[Start of Attachment]
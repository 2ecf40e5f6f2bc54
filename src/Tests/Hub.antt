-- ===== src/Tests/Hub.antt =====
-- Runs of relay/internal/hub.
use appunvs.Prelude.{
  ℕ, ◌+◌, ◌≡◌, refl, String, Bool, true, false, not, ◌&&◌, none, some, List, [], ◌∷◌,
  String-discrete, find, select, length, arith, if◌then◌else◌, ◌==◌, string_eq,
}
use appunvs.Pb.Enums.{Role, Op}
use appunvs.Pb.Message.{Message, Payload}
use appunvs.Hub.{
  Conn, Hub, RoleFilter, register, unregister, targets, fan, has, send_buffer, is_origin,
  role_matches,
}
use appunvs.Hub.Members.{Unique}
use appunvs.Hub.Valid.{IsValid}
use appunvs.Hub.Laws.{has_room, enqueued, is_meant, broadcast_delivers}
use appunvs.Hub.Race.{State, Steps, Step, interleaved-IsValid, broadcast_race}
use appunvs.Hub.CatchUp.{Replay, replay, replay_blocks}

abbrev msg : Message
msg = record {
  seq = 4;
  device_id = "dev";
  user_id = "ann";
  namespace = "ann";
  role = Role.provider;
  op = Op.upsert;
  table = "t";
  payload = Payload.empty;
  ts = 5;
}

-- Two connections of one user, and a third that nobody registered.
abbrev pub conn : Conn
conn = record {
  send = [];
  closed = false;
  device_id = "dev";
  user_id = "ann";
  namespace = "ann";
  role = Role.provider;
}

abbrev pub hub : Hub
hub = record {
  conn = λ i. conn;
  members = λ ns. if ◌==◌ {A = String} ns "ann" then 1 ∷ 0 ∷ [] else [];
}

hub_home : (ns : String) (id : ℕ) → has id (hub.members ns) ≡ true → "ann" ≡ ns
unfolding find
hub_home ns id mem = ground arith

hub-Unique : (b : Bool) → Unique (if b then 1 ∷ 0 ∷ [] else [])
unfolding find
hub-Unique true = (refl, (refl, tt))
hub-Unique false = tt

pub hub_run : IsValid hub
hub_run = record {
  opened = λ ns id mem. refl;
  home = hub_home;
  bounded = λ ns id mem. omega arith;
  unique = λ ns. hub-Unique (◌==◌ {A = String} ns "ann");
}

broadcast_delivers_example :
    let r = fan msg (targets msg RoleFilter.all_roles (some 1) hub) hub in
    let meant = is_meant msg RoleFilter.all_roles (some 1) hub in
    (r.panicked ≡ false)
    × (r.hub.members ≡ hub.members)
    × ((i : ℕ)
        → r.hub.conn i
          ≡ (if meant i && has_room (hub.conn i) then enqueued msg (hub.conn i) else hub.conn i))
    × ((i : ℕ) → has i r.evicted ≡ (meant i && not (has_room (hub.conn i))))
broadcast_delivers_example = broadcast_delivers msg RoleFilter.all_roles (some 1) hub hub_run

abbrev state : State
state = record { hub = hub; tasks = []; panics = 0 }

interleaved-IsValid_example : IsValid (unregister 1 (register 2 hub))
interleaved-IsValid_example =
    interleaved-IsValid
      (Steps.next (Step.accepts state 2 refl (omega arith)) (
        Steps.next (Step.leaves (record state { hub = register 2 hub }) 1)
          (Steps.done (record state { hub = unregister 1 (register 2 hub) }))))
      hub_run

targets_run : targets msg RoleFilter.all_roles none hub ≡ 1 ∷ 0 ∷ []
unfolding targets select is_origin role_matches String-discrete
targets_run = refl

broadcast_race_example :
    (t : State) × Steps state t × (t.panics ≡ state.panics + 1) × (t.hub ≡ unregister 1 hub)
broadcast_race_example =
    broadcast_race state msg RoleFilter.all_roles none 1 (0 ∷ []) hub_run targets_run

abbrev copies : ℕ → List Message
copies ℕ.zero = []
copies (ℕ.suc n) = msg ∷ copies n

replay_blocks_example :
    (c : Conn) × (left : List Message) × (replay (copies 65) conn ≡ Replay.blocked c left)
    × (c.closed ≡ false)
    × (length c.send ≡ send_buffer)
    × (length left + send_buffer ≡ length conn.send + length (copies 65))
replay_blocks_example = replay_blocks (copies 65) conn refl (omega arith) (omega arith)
[End of Attachment]
[Start of Attachment]
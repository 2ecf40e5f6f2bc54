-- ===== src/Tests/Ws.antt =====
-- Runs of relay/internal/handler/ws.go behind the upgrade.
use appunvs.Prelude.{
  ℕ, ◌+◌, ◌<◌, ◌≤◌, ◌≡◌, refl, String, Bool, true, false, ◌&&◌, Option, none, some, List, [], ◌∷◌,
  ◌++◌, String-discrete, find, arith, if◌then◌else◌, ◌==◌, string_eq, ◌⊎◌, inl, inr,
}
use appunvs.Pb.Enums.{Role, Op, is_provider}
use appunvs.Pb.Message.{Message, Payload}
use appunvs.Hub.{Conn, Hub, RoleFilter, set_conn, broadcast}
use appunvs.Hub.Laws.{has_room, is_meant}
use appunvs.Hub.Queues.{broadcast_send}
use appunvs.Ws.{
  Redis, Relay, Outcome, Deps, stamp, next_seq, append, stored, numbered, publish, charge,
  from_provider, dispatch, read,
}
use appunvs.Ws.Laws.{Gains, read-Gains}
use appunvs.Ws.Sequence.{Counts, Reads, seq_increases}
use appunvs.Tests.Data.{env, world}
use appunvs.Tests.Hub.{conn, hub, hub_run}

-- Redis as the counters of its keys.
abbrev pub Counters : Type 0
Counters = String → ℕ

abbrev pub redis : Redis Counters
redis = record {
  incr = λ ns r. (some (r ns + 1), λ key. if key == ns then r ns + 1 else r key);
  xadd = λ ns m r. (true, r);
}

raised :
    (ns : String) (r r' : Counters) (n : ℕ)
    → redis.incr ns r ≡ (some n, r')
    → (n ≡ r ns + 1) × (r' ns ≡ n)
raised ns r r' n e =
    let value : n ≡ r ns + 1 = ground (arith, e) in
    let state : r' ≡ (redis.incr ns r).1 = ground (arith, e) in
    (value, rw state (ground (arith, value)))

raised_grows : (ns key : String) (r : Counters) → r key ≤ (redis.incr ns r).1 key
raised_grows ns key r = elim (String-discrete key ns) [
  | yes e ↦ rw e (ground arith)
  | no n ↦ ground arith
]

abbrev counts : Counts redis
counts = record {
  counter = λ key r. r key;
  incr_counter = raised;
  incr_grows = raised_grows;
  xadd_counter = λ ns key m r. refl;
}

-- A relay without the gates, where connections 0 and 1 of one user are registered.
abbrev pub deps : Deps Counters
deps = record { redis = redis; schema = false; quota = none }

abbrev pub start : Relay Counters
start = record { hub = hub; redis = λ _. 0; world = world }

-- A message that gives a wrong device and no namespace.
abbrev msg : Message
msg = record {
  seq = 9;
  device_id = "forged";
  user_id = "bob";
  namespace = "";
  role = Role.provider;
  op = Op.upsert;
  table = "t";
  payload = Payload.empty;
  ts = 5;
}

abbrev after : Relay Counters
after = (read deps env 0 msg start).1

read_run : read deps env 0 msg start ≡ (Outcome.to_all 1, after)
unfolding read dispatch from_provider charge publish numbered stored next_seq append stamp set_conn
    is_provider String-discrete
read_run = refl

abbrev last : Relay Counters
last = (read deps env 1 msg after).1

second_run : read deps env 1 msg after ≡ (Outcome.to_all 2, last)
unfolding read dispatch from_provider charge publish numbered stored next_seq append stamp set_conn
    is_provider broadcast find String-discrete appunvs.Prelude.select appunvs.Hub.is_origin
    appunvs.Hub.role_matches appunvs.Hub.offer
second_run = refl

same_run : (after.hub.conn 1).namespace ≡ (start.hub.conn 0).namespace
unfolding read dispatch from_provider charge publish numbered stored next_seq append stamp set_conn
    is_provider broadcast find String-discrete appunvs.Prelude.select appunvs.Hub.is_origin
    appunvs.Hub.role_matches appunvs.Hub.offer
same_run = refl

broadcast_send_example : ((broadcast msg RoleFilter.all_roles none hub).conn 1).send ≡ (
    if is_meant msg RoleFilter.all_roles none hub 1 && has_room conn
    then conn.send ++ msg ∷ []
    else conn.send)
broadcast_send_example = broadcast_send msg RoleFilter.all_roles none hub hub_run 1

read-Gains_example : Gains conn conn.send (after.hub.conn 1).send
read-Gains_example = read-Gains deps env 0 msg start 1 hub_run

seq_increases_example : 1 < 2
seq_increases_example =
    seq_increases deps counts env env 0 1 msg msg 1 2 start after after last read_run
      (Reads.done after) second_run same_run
[End of Attachment]
[Start of Attachment]
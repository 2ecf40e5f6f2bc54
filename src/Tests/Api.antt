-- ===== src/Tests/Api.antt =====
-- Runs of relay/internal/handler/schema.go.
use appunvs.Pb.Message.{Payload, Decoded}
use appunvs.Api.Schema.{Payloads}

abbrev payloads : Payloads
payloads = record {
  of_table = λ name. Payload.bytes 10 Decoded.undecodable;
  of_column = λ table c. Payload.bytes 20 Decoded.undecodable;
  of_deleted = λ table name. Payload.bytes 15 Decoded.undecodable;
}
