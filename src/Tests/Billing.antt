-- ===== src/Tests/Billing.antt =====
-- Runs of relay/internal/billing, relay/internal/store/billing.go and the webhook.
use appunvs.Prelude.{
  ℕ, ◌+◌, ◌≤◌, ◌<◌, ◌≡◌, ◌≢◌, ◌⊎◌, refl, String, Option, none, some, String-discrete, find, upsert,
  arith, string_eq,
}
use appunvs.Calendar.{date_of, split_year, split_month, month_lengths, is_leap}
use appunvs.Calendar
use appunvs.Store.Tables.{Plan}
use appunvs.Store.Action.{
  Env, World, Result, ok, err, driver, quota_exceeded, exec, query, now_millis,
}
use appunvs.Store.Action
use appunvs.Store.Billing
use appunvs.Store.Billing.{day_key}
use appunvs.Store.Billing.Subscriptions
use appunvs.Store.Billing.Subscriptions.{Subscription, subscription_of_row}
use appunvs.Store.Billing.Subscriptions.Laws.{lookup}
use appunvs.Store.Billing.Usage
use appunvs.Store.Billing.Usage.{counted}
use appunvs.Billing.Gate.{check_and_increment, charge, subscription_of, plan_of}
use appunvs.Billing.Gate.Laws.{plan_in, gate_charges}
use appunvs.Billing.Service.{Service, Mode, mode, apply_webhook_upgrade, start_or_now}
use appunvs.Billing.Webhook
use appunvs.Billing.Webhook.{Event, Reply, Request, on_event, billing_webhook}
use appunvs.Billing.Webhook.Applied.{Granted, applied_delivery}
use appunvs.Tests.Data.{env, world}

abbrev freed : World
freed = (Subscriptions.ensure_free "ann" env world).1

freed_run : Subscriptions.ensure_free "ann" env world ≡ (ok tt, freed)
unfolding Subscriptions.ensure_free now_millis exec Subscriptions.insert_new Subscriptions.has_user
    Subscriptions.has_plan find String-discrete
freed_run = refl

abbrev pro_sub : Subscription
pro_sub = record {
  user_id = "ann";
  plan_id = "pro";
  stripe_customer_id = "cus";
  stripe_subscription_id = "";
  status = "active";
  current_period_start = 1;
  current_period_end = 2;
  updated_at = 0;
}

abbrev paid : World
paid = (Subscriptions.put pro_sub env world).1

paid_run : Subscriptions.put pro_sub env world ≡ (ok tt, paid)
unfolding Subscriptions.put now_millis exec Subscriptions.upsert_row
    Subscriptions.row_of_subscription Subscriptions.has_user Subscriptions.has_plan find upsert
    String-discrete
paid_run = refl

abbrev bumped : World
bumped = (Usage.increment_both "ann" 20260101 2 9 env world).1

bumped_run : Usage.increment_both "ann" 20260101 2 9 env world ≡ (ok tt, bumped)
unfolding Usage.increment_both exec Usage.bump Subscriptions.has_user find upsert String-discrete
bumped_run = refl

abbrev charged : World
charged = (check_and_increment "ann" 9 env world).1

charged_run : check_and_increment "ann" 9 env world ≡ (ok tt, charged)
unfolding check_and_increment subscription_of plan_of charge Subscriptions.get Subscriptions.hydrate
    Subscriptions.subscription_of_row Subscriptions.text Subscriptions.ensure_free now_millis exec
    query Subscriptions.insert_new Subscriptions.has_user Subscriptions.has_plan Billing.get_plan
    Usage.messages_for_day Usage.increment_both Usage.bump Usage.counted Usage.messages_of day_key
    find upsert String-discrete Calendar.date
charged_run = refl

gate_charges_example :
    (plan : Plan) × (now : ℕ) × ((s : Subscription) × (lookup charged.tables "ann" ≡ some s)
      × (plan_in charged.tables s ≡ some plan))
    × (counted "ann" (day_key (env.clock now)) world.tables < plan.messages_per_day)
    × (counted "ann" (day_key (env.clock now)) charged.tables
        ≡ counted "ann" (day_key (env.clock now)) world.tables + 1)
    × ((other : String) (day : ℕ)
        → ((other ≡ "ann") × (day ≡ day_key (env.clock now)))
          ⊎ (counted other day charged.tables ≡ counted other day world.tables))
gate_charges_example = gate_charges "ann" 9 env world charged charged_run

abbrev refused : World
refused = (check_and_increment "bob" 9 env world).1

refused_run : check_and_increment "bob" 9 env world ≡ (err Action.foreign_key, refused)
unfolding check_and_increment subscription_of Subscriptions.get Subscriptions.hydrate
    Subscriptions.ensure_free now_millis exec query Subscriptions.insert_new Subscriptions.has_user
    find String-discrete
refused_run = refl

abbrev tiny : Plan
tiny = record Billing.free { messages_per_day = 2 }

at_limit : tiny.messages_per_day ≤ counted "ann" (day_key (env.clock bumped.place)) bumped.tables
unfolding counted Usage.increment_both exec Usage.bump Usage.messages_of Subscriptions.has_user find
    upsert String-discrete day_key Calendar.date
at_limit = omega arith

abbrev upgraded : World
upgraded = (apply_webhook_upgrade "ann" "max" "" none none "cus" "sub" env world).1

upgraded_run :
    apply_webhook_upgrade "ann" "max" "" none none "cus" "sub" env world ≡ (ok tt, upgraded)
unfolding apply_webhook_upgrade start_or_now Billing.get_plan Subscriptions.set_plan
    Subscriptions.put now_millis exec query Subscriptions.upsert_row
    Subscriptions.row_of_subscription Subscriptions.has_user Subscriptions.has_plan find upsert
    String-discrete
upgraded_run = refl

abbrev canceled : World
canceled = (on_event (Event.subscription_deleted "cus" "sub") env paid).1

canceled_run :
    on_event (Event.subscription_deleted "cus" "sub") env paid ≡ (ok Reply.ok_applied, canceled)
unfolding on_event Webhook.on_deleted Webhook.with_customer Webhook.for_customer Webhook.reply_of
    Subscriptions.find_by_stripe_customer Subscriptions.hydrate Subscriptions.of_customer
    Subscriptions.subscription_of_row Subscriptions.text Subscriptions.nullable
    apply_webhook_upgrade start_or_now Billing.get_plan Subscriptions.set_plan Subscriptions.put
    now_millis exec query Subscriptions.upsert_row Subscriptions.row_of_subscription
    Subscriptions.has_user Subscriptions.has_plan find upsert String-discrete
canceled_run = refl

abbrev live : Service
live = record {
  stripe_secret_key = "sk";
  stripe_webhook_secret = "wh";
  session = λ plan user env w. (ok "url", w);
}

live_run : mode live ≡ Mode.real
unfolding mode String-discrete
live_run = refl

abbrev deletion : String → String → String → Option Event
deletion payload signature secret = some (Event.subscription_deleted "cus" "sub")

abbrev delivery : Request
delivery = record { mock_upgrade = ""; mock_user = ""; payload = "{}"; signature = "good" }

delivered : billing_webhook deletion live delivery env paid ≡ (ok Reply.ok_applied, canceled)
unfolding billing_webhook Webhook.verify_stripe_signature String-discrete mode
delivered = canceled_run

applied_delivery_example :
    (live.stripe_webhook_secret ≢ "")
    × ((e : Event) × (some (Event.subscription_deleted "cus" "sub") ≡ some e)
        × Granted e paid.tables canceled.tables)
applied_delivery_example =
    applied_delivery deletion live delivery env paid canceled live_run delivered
[End of Attachment]
In the entries above, please find the line with "c.send ≡ send_buffer)" and the line with "replay_blocks_example = replay_blocks", then write out exactly those two lines and every line between them, and nothing more.

    × (length c.send ≡ send_buffer)
    × (length left + send_buffer ≡ length conn.send + length (copies 65))
replay_blocks_example = replay_blocks (copies 65) conn refl (omega arith) (omega arith)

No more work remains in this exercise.